Long an advocate for early, frequent breast cancer screenings, the American Cancer Society has done an about-face and is now recommending that women begin getting mammograms later and do so less frequently than before, according to new guidelines published this week.
According to the New York Times and the San Jose Mercury News, the group is now suggesting that women start annual screenings with mammograms at age 45 instead of age 40, as previously suggested. In addition, the organization is advising women to shift from annual checks to biennial screenings (once every two years) beginning at age 55.
The American Cancer Society also said that it no longer recommended clinical breast exams, in which doctors or nurses feel for lumps, in women of any age who have experienced no previous symptoms or abnormalities in their breasts. The guidelines are based on increasing scientific evidence that mammograms are less useful in younger females, and that the screening process can result in false-positives requiring unneeded biopsies and testing.
“It’s a step in the right direction,” University of California, San Francisco professor of medicine Dr. Karla Kerlikowske, who also directs the Women Veterans Comprehensive Health Center at the San Francisco Veterans Affairs Medical Center, told the Mercury News. “They consider that there are harms to screening healthy people who aren’t going to get the disease.”
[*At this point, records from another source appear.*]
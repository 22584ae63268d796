-- ===== src/Console/Sharing.antt =====
-- apps/web/src/operator/api.ts: a read that is shared has not settled.
use montlok_terminal.Prelude.{
  ℕ, ◌<◌, String, ◌≡◌, true, false, List, [], ◌∷◌, some, arith, ◌==◌, nat_eq, string_eq,
  Option-cases, Bool-cases, inl, inr, Distinct,
}
use montlok_terminal.JsMap.{
  get, delete, keys, get-set, get-set_self, get-delete_other, get-delete_self, Distinct-keys-set,
  Distinct-keys-delete,
}
use montlok_terminal.Console.Reads.{
  Reads, read_api, read_settled, write_api, write_settled, Event, reads, settles, writes, written,
  step, no_reads,
}

-- Each promise that is kept under a key is an unsettled read of that key.
record IsLive (r : Reads) : Type 0 where
  live :
      (key : String) (promise : ℕ)
      → get r.pending_reads key ≡ some promise
      → (get r.finals promise ≡ some key) × (promise < r.next_promise)
  distinct : Distinct (keys r.pending_reads)

cleared-IsLive : (r : Reads) → IsLive (record r { pending_reads = [] })
cleared-IsLive r = record { live = λ key promise h. absurd (ground (arith, h)); distinct = tt }

read_api-IsLive : (r : Reads) (key : String) → IsLive r → IsLive (read_api r key).0
unfolding read_api
read_api-IsLive r key h = elim (Option-cases (get r.pending_reads key)) [
  | inr (p, q) ↦ rw (q, read_api) h
  | inl q ↦
      rw (q, read_api)
        (record {
          live = λ k p g. ground (
            arith,
            g,
            h.live k p,
            get-set r.pending_reads key r.next_promise k,
            get-set r.finals r.next_promise key p,
            string_eq.beq_iff key k,
            nat_eq.beq_iff r.next_promise p,
          );
          distinct = Distinct-keys-set r.pending_reads key r.next_promise h.distinct;
        })
]

-- A read that settles under its key: what stays pending is unsettled still.
module _ (r : Reads) (promise : ℕ) (key : String) (h : IsLive r)
    (q : get r.finals promise ≡ some key) where
  dropped-IsLive :
      IsLive
        (record r { finals = delete r.finals promise; pending_reads = delete r.pending_reads key })
  dropped-IsLive = record {
    live = λ k p g. ground (
      arith,
      g,
      q,
      h.live k p,
      get-delete_other r.pending_reads key k,
      get-delete_self r.pending_reads key h.distinct,
      get-delete_other r.finals promise p,
      string_eq.beq_iff key k,
      nat_eq.beq_iff promise p,
    );
    distinct = Distinct-keys-delete r.pending_reads key h.distinct;
  }

  kept-IsLive :
      (get r.pending_reads key ≡ some promise → true ≡ false)
      → IsLive (record r { finals = delete r.finals promise })
  kept-IsLive other = record {
    live = λ k p g. ground (
      arith,
      g,
      q,
      other,
      h.live k p,
      get-delete_other r.finals promise p,
      string_eq.beq_iff key k,
      nat_eq.beq_iff promise p,
    );
    distinct = h.distinct;
  }

read_settled-IsLive : (r : Reads) (promise : ℕ) → IsLive r → IsLive (read_settled r promise)
unfolding read_settled
read_settled-IsLive r promise h = elim (Option-cases (get r.finals promise)) [
  | inl q ↦ rw (read_settled, q) h
  | inr (key, q) ↦ elim (Option-cases (get r.pending_reads key)) [
    | inl p ↦ rw (read_settled, q, p) (kept-IsLive r promise key h q (λ g. ground (arith, p, g)))
    | inr (c, p) ↦ elim (Bool-cases (c == promise)) [
      | inl e ↦ rw (read_settled, q, p, e) (dropped-IsLive r promise key h q)
      | inr e ↦
          rw (read_settled, q, p, e)
            (kept-IsLive r promise key h q (λ g. ground (arith, p, g, e, nat_eq.beq_iff c promise)))
    ]
  ]
]

step-IsLive : (r : Reads) (e : Event) → IsLive r → IsLive (step r e)
unfolding step write_api write_settled
step-IsLive r (reads key) h = read_api-IsLive r key h
step-IsLive r (settles promise) h = read_settled-IsLive r promise h
step-IsLive r writes h = cleared-IsLive r
step-IsLive r (written path) h = elim (Bool-cases (path == "execute")) [
  | inl q ↦ rw (step, q) (cleared-IsLive r)
  | inr q ↦ rw (step, q) h
]

pub run : Reads → List Event → Reads
run r [] = r
run r (e ∷ es) = run (step r e) es

run-IsLive : (r : Reads) (es : List Event) → IsLive r → IsLive (run r es)
unfolding run
run-IsLive r [] h = h
run-IsLive r (e ∷ es) h = run-IsLive (step r e) es (step-IsLive r e h)

read_api-shares :
    (r : Reads) (key : String)
    → IsLive r
    → let (r', promise, made) = read_api r key in
      (get r'.finals promise ≡ some key) × (read_api r' key ≡ (r', promise, false))
unfolding read_api
read_api-shares r key h = elim (Option-cases (get r.pending_reads key)) [
  | inr (p, q) ↦ ground (arith, q, h.live key p)
  | inl q ↦ ground (
    arith,
    q,
    get-set_self r.pending_reads key r.next_promise,
    get-set_self r.finals r.next_promise key,
  )
]

-- After any reads, writes and answers in any order: a read is answered by an unsettled request for
-- the same key, its own or one that is under way, and the same read again, before anything else
-- happens, makes no request and gets the same promise.
pub run-shares :
    (es : List Event) (key : String)
    → let (r, promise, made) = read_api (run no_reads es) key in
      (get r.finals promise ≡ some key) × (read_api r key ≡ (r, promise, false))
run-shares es key =
    read_api-shares (run no_reads es) key (run-IsLive no_reads es (cleared-IsLive no_reads))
Confusion, controversy likely to continue
However, Dr. Therese B. Bevers, the medical director of the Cancer Prevention Center at the University of Texas M.D. Anderson Cancer Center in Houston, told the Times that she believed the new guidelines had “the potential to create a lot of confusion amongst women and primary care providers.”
One of the reasons for such confusion is differing recommendations issued by different groups. The American College of Radiology recommends that women begin getting mammograms at the age of 40, but the US Preventive Services Task Force suggests holding off until age 50, and even then only getting a mammogram every other year through the age of 74.
The National Comprehensive Cancer Network, a coalition of leading American cancer centers, recommends mammograms every year starting at age 40, the Times indicated. The American College of Obstetricians and Gynecologists recommends them every year or two from ages 40 to 49 and every year after that, as well as annual clinical breast exams starting at age 19.
Officials from the Cancer Society and other groups have scheduled a meeting for January in the hopes that they will be able to develop a more consistent set of guidelines, reports indicate. In all instances, however, the Cancer Society emphasizes that none of its recommendations are written in stone, and that all such decisions should be made by women and their doctors.